## [Work item]
From the data below, retype exactly the lines starting with the one that contains "negative not_number : Parsed" and ending with the one that contains "signed minus none = not_number", both included.

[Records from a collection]
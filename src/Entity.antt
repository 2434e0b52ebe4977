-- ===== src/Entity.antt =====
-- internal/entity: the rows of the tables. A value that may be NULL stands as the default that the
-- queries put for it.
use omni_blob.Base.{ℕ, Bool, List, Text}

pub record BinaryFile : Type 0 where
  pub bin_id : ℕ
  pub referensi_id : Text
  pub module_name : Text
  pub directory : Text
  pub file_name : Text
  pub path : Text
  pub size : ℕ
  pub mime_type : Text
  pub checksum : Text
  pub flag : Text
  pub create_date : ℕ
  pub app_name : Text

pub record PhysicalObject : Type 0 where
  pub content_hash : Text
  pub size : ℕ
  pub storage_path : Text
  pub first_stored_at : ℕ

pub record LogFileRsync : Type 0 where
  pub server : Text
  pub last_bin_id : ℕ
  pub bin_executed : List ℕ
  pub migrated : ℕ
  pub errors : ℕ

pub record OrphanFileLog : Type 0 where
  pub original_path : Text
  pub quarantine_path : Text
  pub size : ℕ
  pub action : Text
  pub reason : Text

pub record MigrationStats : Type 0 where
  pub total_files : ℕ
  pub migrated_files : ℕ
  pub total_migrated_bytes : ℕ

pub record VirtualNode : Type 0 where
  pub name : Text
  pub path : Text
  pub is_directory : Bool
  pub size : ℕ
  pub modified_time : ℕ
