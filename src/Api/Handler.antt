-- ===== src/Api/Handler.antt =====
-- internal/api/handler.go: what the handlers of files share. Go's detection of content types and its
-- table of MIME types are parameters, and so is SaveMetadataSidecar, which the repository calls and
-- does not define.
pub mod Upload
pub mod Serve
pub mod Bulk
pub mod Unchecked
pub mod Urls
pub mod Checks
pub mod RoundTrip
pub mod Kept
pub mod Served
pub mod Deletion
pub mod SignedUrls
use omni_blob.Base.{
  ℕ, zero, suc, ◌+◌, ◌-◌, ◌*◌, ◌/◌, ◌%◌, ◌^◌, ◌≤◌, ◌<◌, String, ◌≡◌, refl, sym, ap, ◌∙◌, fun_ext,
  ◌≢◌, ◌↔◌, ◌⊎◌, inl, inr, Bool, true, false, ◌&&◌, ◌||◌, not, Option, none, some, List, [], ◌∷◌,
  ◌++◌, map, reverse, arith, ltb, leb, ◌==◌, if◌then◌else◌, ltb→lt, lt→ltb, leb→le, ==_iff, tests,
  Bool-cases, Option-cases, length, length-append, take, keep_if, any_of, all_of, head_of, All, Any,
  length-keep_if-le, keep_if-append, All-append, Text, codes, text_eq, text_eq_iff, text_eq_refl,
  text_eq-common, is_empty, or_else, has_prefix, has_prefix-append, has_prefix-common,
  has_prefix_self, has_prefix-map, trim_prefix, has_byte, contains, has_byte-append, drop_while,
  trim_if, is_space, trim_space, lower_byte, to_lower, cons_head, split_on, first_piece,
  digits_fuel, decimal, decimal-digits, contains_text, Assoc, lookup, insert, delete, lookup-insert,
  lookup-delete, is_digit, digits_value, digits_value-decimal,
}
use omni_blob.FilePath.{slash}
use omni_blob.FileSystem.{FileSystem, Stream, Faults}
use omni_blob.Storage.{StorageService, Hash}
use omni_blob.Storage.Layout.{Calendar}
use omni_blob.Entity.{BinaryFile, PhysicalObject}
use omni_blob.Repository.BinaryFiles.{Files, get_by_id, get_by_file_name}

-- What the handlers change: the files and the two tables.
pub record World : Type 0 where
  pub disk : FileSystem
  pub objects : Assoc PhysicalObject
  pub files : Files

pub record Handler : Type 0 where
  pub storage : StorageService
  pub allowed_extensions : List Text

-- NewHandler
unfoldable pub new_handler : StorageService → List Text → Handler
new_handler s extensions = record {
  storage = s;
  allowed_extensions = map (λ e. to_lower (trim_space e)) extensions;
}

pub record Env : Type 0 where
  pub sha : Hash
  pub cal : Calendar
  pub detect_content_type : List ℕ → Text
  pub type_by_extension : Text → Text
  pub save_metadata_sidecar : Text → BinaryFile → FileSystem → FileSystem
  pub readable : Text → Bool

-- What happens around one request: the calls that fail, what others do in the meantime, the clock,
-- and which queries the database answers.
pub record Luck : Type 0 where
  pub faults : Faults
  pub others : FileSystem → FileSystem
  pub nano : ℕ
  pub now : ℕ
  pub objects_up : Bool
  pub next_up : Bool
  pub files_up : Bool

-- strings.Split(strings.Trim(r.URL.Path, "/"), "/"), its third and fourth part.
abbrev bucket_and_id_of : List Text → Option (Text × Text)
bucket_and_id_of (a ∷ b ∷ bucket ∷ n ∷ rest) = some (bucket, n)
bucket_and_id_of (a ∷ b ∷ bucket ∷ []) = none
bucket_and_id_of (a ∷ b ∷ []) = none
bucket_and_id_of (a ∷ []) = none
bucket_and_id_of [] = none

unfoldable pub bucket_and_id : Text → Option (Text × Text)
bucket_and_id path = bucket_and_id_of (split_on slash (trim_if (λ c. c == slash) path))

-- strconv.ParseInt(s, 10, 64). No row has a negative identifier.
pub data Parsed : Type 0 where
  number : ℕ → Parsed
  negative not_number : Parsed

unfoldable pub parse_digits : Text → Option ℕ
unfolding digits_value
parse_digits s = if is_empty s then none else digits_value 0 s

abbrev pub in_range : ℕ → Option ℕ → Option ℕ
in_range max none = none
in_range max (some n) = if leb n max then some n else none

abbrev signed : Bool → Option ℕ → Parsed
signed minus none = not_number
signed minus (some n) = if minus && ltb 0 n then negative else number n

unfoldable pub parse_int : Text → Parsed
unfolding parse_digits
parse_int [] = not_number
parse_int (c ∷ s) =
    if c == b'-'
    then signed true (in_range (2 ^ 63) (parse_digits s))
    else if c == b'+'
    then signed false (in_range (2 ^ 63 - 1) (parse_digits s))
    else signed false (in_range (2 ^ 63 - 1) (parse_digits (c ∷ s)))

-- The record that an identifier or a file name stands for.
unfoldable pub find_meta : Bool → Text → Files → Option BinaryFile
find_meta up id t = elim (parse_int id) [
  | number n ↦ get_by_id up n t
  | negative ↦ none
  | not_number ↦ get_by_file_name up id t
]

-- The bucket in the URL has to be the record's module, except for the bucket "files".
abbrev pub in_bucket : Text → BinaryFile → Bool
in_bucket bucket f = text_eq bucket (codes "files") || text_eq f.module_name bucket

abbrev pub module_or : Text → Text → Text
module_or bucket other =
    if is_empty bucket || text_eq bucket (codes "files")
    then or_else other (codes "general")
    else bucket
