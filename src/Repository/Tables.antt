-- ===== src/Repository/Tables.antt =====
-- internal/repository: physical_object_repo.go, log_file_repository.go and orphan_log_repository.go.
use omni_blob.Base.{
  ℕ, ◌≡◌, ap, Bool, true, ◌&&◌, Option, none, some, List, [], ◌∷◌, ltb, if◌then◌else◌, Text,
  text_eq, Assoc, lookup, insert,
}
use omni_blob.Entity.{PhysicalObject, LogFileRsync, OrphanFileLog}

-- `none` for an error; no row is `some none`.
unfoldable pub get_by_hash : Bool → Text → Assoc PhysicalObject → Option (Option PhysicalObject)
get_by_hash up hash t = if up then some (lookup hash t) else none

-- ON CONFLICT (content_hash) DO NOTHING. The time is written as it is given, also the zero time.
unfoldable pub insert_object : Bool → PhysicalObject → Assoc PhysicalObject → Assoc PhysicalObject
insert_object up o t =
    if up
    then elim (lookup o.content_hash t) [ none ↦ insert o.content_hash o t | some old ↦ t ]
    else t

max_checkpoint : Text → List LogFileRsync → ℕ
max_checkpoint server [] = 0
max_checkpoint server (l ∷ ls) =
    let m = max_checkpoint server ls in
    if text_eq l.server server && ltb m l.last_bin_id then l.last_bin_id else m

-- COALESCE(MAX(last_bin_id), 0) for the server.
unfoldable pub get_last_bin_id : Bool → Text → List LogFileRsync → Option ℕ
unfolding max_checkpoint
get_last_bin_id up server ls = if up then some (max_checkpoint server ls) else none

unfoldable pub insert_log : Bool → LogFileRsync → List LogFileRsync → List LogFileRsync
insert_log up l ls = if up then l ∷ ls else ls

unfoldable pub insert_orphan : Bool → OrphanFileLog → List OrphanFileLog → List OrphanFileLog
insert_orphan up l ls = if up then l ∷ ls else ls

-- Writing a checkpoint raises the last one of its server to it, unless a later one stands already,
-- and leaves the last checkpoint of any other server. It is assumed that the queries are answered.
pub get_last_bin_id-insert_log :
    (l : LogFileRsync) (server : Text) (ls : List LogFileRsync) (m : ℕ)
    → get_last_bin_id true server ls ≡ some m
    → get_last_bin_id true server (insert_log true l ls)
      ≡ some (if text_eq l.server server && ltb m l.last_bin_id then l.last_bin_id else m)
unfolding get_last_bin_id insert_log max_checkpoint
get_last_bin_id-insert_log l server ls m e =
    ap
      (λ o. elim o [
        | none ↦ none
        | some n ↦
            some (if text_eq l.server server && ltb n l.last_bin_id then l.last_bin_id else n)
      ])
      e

## [Your response]
  negative not_number : Parsed

unfoldable pub parse_digits : Text → Option ℕ
unfolding digits_value
parse_digits s = if is_empty s then none else digits_value 0 s

abbrev pub in_range : ℕ → Option ℕ → Option ℕ
in_range max none = none
in_range max (some n) = if leb n max then some n else none

abbrev signed : Bool → Option ℕ → Parsed
signed minus none = not_number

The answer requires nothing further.